Would you return every entry, exactly as it is written?

• • • • •

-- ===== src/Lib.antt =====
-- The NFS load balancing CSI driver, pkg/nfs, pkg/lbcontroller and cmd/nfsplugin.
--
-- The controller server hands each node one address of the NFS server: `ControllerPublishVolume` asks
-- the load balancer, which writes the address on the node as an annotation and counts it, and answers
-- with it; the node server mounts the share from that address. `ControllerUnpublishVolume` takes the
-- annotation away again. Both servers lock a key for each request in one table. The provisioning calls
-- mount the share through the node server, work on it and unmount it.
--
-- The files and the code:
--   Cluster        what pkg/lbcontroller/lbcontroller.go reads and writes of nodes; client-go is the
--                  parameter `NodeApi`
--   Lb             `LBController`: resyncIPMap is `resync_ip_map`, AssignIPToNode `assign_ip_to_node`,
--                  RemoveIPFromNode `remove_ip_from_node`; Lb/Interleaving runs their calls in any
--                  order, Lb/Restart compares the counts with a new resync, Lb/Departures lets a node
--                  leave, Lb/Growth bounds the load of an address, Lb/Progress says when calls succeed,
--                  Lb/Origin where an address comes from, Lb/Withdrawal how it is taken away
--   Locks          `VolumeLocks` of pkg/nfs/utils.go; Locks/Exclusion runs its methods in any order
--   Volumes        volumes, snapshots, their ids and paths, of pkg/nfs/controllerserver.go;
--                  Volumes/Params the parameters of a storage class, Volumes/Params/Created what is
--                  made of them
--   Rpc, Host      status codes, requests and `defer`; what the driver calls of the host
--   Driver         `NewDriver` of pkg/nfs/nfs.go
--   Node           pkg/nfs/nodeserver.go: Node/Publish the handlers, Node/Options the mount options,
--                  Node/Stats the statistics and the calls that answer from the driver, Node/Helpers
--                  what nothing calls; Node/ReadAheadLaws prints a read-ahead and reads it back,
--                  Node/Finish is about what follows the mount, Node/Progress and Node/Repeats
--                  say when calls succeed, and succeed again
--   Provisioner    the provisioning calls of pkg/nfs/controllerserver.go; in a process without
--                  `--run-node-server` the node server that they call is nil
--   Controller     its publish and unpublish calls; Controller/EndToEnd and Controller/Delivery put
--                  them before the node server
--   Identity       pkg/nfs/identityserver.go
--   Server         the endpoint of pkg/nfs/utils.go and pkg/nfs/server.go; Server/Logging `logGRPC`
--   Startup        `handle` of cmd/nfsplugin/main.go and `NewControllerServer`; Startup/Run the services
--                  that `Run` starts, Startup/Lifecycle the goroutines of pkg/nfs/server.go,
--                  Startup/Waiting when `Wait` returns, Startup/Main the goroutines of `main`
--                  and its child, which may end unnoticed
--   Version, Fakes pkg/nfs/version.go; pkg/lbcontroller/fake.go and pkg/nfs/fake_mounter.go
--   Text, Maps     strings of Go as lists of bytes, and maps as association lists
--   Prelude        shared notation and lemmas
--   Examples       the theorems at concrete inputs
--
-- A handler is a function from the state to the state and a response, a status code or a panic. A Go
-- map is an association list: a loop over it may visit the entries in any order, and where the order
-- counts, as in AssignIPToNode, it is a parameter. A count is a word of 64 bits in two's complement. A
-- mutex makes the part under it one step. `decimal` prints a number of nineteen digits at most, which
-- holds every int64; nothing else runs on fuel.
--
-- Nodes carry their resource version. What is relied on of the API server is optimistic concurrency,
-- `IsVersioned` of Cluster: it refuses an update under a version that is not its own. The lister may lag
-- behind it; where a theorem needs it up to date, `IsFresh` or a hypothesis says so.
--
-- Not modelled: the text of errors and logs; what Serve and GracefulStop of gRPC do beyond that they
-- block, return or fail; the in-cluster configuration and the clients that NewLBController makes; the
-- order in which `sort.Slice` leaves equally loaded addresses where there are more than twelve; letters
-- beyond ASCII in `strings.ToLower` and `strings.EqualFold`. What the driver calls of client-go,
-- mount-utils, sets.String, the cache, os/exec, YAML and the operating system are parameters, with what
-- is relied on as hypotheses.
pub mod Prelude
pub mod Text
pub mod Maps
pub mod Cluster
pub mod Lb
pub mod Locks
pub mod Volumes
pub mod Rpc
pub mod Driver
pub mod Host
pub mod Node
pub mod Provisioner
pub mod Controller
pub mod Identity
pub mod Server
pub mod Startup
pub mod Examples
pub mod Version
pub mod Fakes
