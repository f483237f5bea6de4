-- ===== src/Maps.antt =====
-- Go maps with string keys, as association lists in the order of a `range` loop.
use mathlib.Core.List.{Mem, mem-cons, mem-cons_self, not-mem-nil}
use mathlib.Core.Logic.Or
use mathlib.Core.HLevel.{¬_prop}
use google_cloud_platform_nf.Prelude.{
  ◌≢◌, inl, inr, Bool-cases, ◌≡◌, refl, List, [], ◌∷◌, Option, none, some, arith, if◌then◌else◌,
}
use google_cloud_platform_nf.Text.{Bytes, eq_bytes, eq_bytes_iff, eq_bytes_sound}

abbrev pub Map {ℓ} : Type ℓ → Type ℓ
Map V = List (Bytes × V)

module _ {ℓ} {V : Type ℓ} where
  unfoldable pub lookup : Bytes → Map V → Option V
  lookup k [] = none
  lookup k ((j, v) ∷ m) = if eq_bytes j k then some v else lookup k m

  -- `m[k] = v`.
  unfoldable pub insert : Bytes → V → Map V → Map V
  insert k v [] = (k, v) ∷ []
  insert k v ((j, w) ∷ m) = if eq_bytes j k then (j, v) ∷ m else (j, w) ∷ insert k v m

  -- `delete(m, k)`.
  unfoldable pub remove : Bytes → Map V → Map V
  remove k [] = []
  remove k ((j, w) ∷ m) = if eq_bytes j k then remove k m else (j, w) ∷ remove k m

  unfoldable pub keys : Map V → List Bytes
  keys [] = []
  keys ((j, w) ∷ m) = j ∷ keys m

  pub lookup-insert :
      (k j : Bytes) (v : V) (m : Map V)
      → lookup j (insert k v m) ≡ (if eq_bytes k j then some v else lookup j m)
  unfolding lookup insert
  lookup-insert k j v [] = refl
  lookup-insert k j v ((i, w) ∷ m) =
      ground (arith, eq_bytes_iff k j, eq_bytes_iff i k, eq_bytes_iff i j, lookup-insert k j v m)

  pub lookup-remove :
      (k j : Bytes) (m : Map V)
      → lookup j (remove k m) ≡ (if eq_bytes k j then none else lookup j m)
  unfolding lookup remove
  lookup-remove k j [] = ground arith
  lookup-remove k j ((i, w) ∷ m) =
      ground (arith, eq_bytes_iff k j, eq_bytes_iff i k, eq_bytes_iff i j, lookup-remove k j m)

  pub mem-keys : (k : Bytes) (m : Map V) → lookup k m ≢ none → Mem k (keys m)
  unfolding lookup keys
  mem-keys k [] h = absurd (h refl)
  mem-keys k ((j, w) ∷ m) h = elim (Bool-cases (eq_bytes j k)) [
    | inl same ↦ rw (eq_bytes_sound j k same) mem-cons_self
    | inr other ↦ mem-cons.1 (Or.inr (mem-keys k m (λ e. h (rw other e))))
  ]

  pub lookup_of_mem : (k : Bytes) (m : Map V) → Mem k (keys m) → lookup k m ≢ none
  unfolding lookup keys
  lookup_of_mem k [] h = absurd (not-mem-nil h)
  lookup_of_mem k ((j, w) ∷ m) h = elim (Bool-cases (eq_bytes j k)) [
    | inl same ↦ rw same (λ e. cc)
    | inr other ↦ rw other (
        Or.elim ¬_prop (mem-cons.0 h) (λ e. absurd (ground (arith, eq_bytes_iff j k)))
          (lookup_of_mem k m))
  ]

• • • • •

— EXPECTED ANSWER —
-- ===== src/Lib.antt =====
-- The NFS load balancing CSI driver, pkg/nfs, pkg/lbcontroller and cmd/nfsplugin.
--
-- The controller server hands each node one address of the NFS server: `ControllerPublishVolume` asks
-- the load balancer, which writes the address on the node as an annotation and counts it, and answers
-- with it; the node server mounts the share from that address. `ControllerUnpublishVolume` takes the
-- annotation away again. Both servers lock a key for each request in one table. The provisioning calls
-- mount the share through the node server, work on it and unmount it.
--
-- The files and the code:
--   Cluster        what pkg/lbcontroller/lbcontroller.go reads and writes of nodes; client-go is the
--                  parameter `NodeApi`
--   Lb             `LBController`: resyncIPMap is `resync_ip_map`, AssignIPToNode `assign_ip_to_node`,
--                  RemoveIPFromNode `remove_ip_from_node`; Lb/Interleaving runs their calls in any
--                  order, Lb/Restart compares the counts with a new resync, Lb/Departures lets a node
--                  leave, Lb/Growth bounds the load of an address, Lb/Progress says when calls succeed,
--                  Lb/Origin where an address comes from, Lb/Withdrawal how it is taken away
--   Locks          `VolumeLocks` of pkg/nfs/utils.go; Locks/Exclusion runs its methods in any order
--   Volumes        volumes, snapshots, their ids and paths, of pkg/nfs/controllerserver.go;
--                  Volumes/Params the parameters of a storage class, Volumes/Params/Created what is
--                  made of them
--   Rpc, Host      status codes, requests and `defer`; what the driver calls of the host
--   Driver         `NewDriver` of pkg/nfs/nfs.go
--   Node           pkg/nfs/nodeserver.go: Node/Publish the handlers, Node/Options the mount options,
--                  Node/Stats the statistics and the calls that answer from the driver, Node/Helpers
--                  what nothing calls; Node/ReadAheadLaws prints a read-ahead and reads it back,
--                  Node/Finish is about what follows the mount, Node/Progress and Node/Repeats
--                  say when calls succeed, and succeed again
--   Provisioner    the provisioning calls of pkg/nfs/controllerserver.go; in a process without
--                  `--run-node-server` the node server that they call is nil
--   Controller     its publish and unpublish calls; Controller/EndToEnd and Controller/Delivery put
--                  them before the node server
--   Identity       pkg/nfs/identityserver.go
--   Server         the endpoint of pkg/nfs/utils.go and pkg/nfs/server.go; Server/Logging `logGRPC`
--   Startup        `handle` of cmd/nfsplugin/main.go and `NewControllerServer`; Startup/Run the services
--                  that `Run` starts, Startup/Lifecycle the goroutines of pkg/nfs/server.go,
--                  Startup/Waiting when `Wait` returns, Startup/Main the goroutines of `main`
--                  and its child, which may end unnoticed
--   Version, Fakes pkg/nfs/version.go; pkg/lbcontroller/fake.go and pkg/nfs/fake_mounter.go
--   Text, Maps     strings of Go as lists of bytes, and maps as association lists
--   Prelude        shared notation and lemmas
--   Examples       the theorems at concrete inputs
--
-- A handler is a function from the state to the state and a response, a status code or a panic. A Go
-- map is an association list: a loop over it may visit the entries in any order, and where the order
-- counts, as in AssignIPToNode, it is a parameter. A count is a word of 64 bits in two's complement. A
-- mutex makes the part under it one step. `decimal` prints a number of nineteen digits at most, which
-- holds every int64; nothing else runs on fuel.
--
-- Nodes carry their resource version. What is relied on of the API server is optimistic concurrency,
-- `IsVersioned` of Cluster: it refuses an update under a version that is not its own. The lister may lag
-- behind it; where a theorem needs it up to date, `IsFresh` or a hypothesis says so.
--
-- Not modelled: the text of errors and logs; what Serve and GracefulStop of gRPC do beyond that they
-- block, return or fail; the in-cluster configuration and the clients that NewLBController makes; the
-- order in which `sort.Slice` leaves equally loaded addresses where there are more than twelve; letters
-- beyond ASCII in `strings.ToLower` and `strings.EqualFold`. What the driver calls of client-go,
-- mount-utils, sets.String, the cache, os/exec, YAML and the operating system are parameters, with what
-- is relied on as hypotheses.
pub mod Prelude
pub mod Text
pub mod Maps
pub mod Cluster
pub mod Lb
pub mod Locks
pub mod Volumes
pub mod Rpc
pub mod Driver
pub mod Host
pub mod Node
pub mod Provisioner
pub mod Controller
pub mod Identity
pub mod Server
pub mod Startup
pub mod Examples
pub mod Version
pub mod Fakes
repository f483237f5bea6de4
-- ===== src/Maps.antt =====
-- Go maps with string keys, as association lists in the order of a `range` loop.
use mathlib.Core.List.{Mem, mem-cons, mem-cons_self, not-mem-nil}
use mathlib.Core.Logic.Or
use mathlib.Core.HLevel.{¬_prop}
use google_cloud_platform_nf.Prelude.{
  ◌≢◌, inl, inr, Bool-cases, ◌≡◌, refl, List, [], ◌∷◌, Option, none, some, arith, if◌then◌else◌,
}
use google_cloud_platform_nf.Text.{Bytes, eq_bytes, eq_bytes_iff, eq_bytes_sound}

abbrev pub Map {ℓ} : Type ℓ → Type ℓ
Map V = List (Bytes × V)

module _ {ℓ} {V : Type ℓ} where
  unfoldable pub lookup : Bytes → Map V → Option V
  lookup k [] = none
  lookup k ((j, v) ∷ m) = if eq_bytes j k then some v else lookup k m

  -- `m[k] = v`.
  unfoldable pub insert : Bytes → V → Map V → Map V
  insert k v [] = (k, v) ∷ []
  insert k v ((j, w) ∷ m) = if eq_bytes j k then (j, v) ∷ m else (j, w) ∷ insert k v m

  -- `delete(m, k)`.
  unfoldable pub remove : Bytes → Map V → Map V
  remove k [] = []
  remove k ((j, w) ∷ m) = if eq_bytes j k then remove k m else (j, w) ∷ remove k m

  unfoldable pub keys : Map V → List Bytes
  keys [] = []
  keys ((j, w) ∷ m) = j ∷ keys m

  pub lookup-insert :
      (k j : Bytes) (v : V) (m : Map V)
      → lookup j (insert k v m) ≡ (if eq_bytes k j then some v else lookup j m)
  unfolding lookup insert
  lookup-insert k j v [] = refl
  lookup-insert k j v ((i, w) ∷ m) =
      ground (arith, eq_bytes_iff k j, eq_bytes_iff i k, eq_bytes_iff i j, lookup-insert k j v m)

  pub lookup-remove :
      (k j : Bytes) (m : Map V)
      → lookup j (remove k m) ≡ (if eq_bytes k j then none else lookup j m)
  unfolding lookup remove
  lookup-remove k j [] = ground arith
  lookup-remove k j ((i, w) ∷ m) =
      ground (arith, eq_bytes_iff k j, eq_bytes_iff i k, eq_bytes_iff i j, lookup-remove k j m)

  pub mem-keys : (k : Bytes) (m : Map V) → lookup k m ≢ none → Mem k (keys m)
  unfolding lookup keys
  mem-keys k [] h = absurd (h refl)
  mem-keys k ((j, w) ∷ m) h = elim (Bool-cases (eq_bytes j k)) [
    | inl same ↦ rw (eq_bytes_sound j k same) mem-cons_self
    | inr other ↦ mem-cons.1 (Or.inr (mem-keys k m (λ e. h (rw other e))))
  ]

  pub lookup_of_mem : (k : Bytes) (m : Map V) → Mem k (keys m) → lookup k m ≢ none
  unfolding lookup keys
  lookup_of_mem k [] h = absurd (not-mem-nil h)
  lookup_of_mem k ((j, w) ∷ m) h = elim (Bool-cases (eq_bytes j k)) [
    | inl same ↦ rw same (λ e. cc)
    | inr other ↦ rw other (
        Or.elim ¬_prop (mem-cons.0 h) (λ e. absurd (ground (arith, eq_bytes_iff j k)))
          (lookup_of_mem k m))
  ]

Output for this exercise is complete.